Он целовал руки Нины, всматривался в нее и с беспокойством расспрашивал о здоровье.
Но после общения с природой его тянуло домой – работать, сочинять. Это было также необходимо для лечения. Он перебирался в свой любимый Лофтхуз, на берегу Сьёр фиорда, где наскоро была сколочена маленькая хижина из бревен. Она состояла из одной комнаты и прихожей. В комнате ничего не было, кроме стола, стула и фортепиано. На ночь он стелил себе постель на раскладной кровати. Он любил говорить, что работает в течение дня так же напряженно, как крестьяне в поле. А вечером, когда и они и он сам освобождались от работы, жители Лофтхуза приходили к его хижине; и так как их некуда было пригласить, то они усаживались прямо на траве. Он умел общаться с простыми людьми, не делая никаких усилий над собой, не приспособляясь к ним и оставаясь самим собой, что они как раз и ценили. Покуривая трубки, они слушали его музыку, ибо он играл для них. И в открытое окно была видна его голова, седеющая с годами, и вдохновенное лицо, к которому они привыкли. В Трольдхаугене он также работал не дома, а в маленькой хижине, расположенной на самом берегу фиорда.
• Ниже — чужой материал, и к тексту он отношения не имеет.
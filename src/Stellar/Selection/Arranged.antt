-- ===== src/Stellar/Selection/Arranged.antt =====
-- What records are worth, the search through all records and pairs, and the sort
-- (packages/stellar/src/adapters/record-selection.ts).
use Prim.Native.Nat.{Ordering}
use privacy_layer_confidenti.Base.{
  ◌≡◌, refl, ◌∙◌, if◌then◌else◌, ◌⊎◌, inl, inr, Bool, true, false, ◌||◌, String, List, [], ◌∷◌, All,
  arith,
}
use privacy_layer_confidenti.Core.Operations.{Attempt, answered, raised}
use privacy_layer_confidenti.Stellar.Int.{ℤ, pos, ◌+ℤ◌, ◌≤ℤ◌, ltb_ℤ, leb_ℤ, +ℤ_comm}
use privacy_layer_confidenti.Stellar.Sort.{
  is_after, insert_by, insert_by-after, insert_by-before, sort_by,
}
use privacy_layer_confidenti.Stellar.Records.{PrivateRecord}
use privacy_layer_confidenti.Stellar.Selection.{
  read_record_spend_amount, compare_records_for_spend_selection,
}

abbrev value_or_zero : Attempt ℤ → ℤ
value_or_zero (answered v) = v
value_or_zero (raised e) = pos 0

-- What a record is worth to a spend, where its amount can be read.
unfoldable pub worth : PrivateRecord → ℤ
worth r = value_or_zero (read_record_spend_amount r)

abbrev pub Readable : PrivateRecord → Type 0
Readable r = read_record_spend_amount r ≡ answered (worth r)

-- Some record, on top of what is there already, is worth the amount.
abbrev pub covered_by_one : (amount base : ℤ) → List PrivateRecord → Bool
covered_by_one amount base [] = false
covered_by_one amount base (r ∷ rs) =
    leb_ℤ amount (base +ℤ worth r) || covered_by_one amount base rs

-- Two records at different places together are worth the amount.
abbrev pub covered_by_two : ℤ → List PrivateRecord → Bool
covered_by_two amount [] = false
covered_by_two amount (r ∷ rs) = covered_by_one amount (worth r) rs || covered_by_two amount rs

-- The search through all records and all pairs.
abbrev pub is_covered : ℤ → List PrivateRecord → Bool
is_covered amount rs = covered_by_one amount (pos 0) rs || covered_by_two amount rs

abbrev pub IsBelow : ℤ → List PrivateRecord → Type 0
IsBelow top = All λ r. worth r ≤ℤ top

abbrev pub IsDescending : List PrivateRecord → Type 0
IsDescending [] = Unit
IsDescending (r ∷ rs) = IsBelow (worth r) rs × IsDescending rs

-- `out` is a sorted arrangement of `rs`.
pub record Arranged (rs out : List PrivateRecord) : Type 0 where
  pub readable : All Readable out
  pub descending : IsDescending out
  pub bounds : (top : ℤ) → IsBelow top rs → IsBelow top out
  pub ones : (amount base : ℤ) → covered_by_one amount base out ≡ covered_by_one amount base rs
  pub twos : (amount : ℤ) → covered_by_two amount out ≡ covered_by_two amount rs

IsBelow-trans :
    (top low : ℤ) (rs : List PrivateRecord) → low ≤ℤ top → IsBelow low rs → IsBelow top rs
IsBelow-trans top low [] h b = tt
IsBelow-trans top low (r ∷ rs) h b = (omega arith, IsBelow-trans top low rs h b.1)

abbrev sign_of : ℤ → ℤ → Ordering → Ordering
sign_of v w ids = if ltb_ℤ v w then Ordering.gt else if ltb_ℤ w v then Ordering.lt else ids

sign_of-cases :
    (v w : ℤ) (ids : Ordering)
    → ((is_after (sign_of v w ids) ≡ true) × (v ≤ℤ w))
      ⊎ ((is_after (sign_of v w ids) ≡ false) × (w ≤ℤ v))
unfolding is_after
sign_of-cases v w Ordering.lt = ground arith
sign_of-cases v w Ordering.eq = ground arith
sign_of-cases v w Ordering.gt = ground arith

-- Adding the same record in front keeps an arrangement, if the record is worth the most.
Arranged-cons :
    (y : PrivateRecord) (rs out : List PrivateRecord)
    → Readable y
    → IsBelow (worth y) rs
    → Arranged rs out
    → Arranged (y ∷ rs) (y ∷ out)
Arranged-cons y rs out h b a = record {
  readable = (h, a.readable);
  descending = (a.bounds (worth y) b, a.descending);
  bounds = λ top below_top. (below_top.0, a.bounds top below_top.1);
  ones = λ amount base. rw (a.ones amount base) refl;
  twos = λ amount. rw (a.ones amount (worth y), a.twos amount) refl;
}

or_swap : (a b c : Bool) → a || (b || c) ≡ b || (a || c)
or_swap true true c = refl
or_swap true false c = refl
or_swap false b c = refl

or_regroup : (p a b c : Bool) → (p || a) || (b || c) ≡ (p || b) || (a || c)
or_regroup true a b c = refl
or_regroup false a b c = or_swap a b c

-- Two records may change places.
Arranged-swap :
    (x y : PrivateRecord) (rs out : List PrivateRecord)
    → Arranged (y ∷ x ∷ rs) out
    → Arranged (x ∷ y ∷ rs) out
Arranged-swap x y rs out a = record {
  readable = a.readable;
  descending = a.descending;
  bounds = λ top b. a.bounds top (b.1.0, (b.0, b.1.1));
  ones = λ amount base.
      a.ones amount base
      ∙ or_swap (leb_ℤ amount (base +ℤ worth y)) (leb_ℤ amount (base +ℤ worth x)) _;
  twos = λ amount.
      a.twos amount
      ∙ rw (+ℤ_comm (worth y) (worth x)) (
          or_regroup (leb_ℤ amount (worth x +ℤ worth y)) (covered_by_one amount (worth y) rs)
            (covered_by_one amount (worth x) rs) _);
}

Arranged-self : (rs : List PrivateRecord) → All Readable rs → IsDescending rs → Arranged rs rs
Arranged-self rs h d = record {
  readable = h;
  descending = d;
  bounds = λ top b. b;
  ones = λ amount base. refl;
  twos = λ amount. refl;
}

Arranged-trans :
    (r : PrivateRecord) (rs mid out : List PrivateRecord)
    → Arranged rs mid
    → Arranged (r ∷ mid) out
    → Arranged (r ∷ rs) out
Arranged-trans r rs mid out a b = record {
  readable = b.readable;
  descending = b.descending;
  bounds = λ top h. b.bounds top (h.0, a.bounds top h.1);
  ones = λ amount base. b.ones amount base ∙ rw (a.ones amount base) refl;
  twos = λ amount. b.twos amount ∙ rw (a.ones amount (worth r), a.twos amount) refl;
}

module _ (locale_compare : String → String → Ordering) where
  abbrev pub compare : PrivateRecord → PrivateRecord → Attempt Ordering
  compare = compare_records_for_spend_selection locale_compare

  compare-cases :
      (x y : PrivateRecord)
      → Readable x
      → Readable y
      → (sign : Ordering) × (compare x y ≡ answered sign)
        × (((is_after sign ≡ true) × (worth x ≤ℤ worth y))
            ⊎ ((is_after sign ≡ false) × (worth y ≤ℤ worth x)))
  unfolding compare_records_for_spend_selection
  compare-cases x y hx hy = (
    sign_of (worth x) (worth y) (locale_compare x.id y.id),
    rw (hx, hy) refl,
    sign_of-cases (worth x) (worth y) (locale_compare x.id y.id),
  )

  insert-Arranged :
      (x : PrivateRecord) (rs : List PrivateRecord)
      → Readable x
      → All Readable rs
      → IsDescending rs
      → (out : List PrivateRecord) × (insert_by compare x rs ≡ answered out) × Arranged (x ∷ rs) out
  unfolding insert_by
  insert-Arranged x [] hx h d = (x ∷ [], refl, Arranged-self (x ∷ []) (hx, tt) (tt, tt))
  insert-Arranged x (y ∷ ys) hx h d =
      let (sign, e, after) = compare-cases x y hx h.0 in
      let (rest, er, ar) = insert-Arranged x ys hx h.1 d.1 in
      elim after [
        | inl p ↦ (
          y ∷ rest,
          insert_by-after compare x y ys rest sign e p.0 er,
          Arranged-swap x y ys (y ∷ rest) (Arranged-cons y (x ∷ ys) rest h.0 (p.1, d.0) ar),
        )
        | inr p ↦ (
          x ∷ y ∷ ys,
          insert_by-before compare x y ys sign e p.0,
          Arranged-self (x ∷ y ∷ ys) (hx, h)
              ((p.1, IsBelow-trans (worth x) (worth y) ys p.1 d.0), d),
        )
      ]

  -- The sort arranges readable records, and throws nothing.
  pub sort-Arranged :
      (rs : List PrivateRecord)
      → All Readable rs
      → (out : List PrivateRecord) × (sort_by compare rs ≡ answered out) × Arranged rs out
  unfolding sort_by
  sort-Arranged [] h = ([], refl, Arranged-self [] tt tt)
  sort-Arranged (r ∷ rs) h =
      let (mid, em, am) = sort-Arranged rs h.1 in
      let (out, eo, ao) = insert-Arranged r mid h.0 am.readable am.descending in
      (out, rw (em, eo) refl, Arranged-trans r rs mid out am ao)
Кроме уединенных прогулок, Григ любил экскурсии в большой компании, и тогда он заражал своим настроением и старых и молодых. Он учил их ценить каждый час жизни, каждое мгновение. Нина помнила одну удивительную прогулку в Лофтхузе в пору светлых ночей, когда «водопады и глетчеры сверкали в их высшем великолепии, – это были слова Грига, – а вся природа была как сказочный мир». Спали совсем недолго и не чувствовали усталости. Засыпали около четырех часов утра, а просыпаясь, видели солнце «красное, как зов трубы». И всякий раз при восходе солнца Григ уверял, что никогда не переживал ничего подобного.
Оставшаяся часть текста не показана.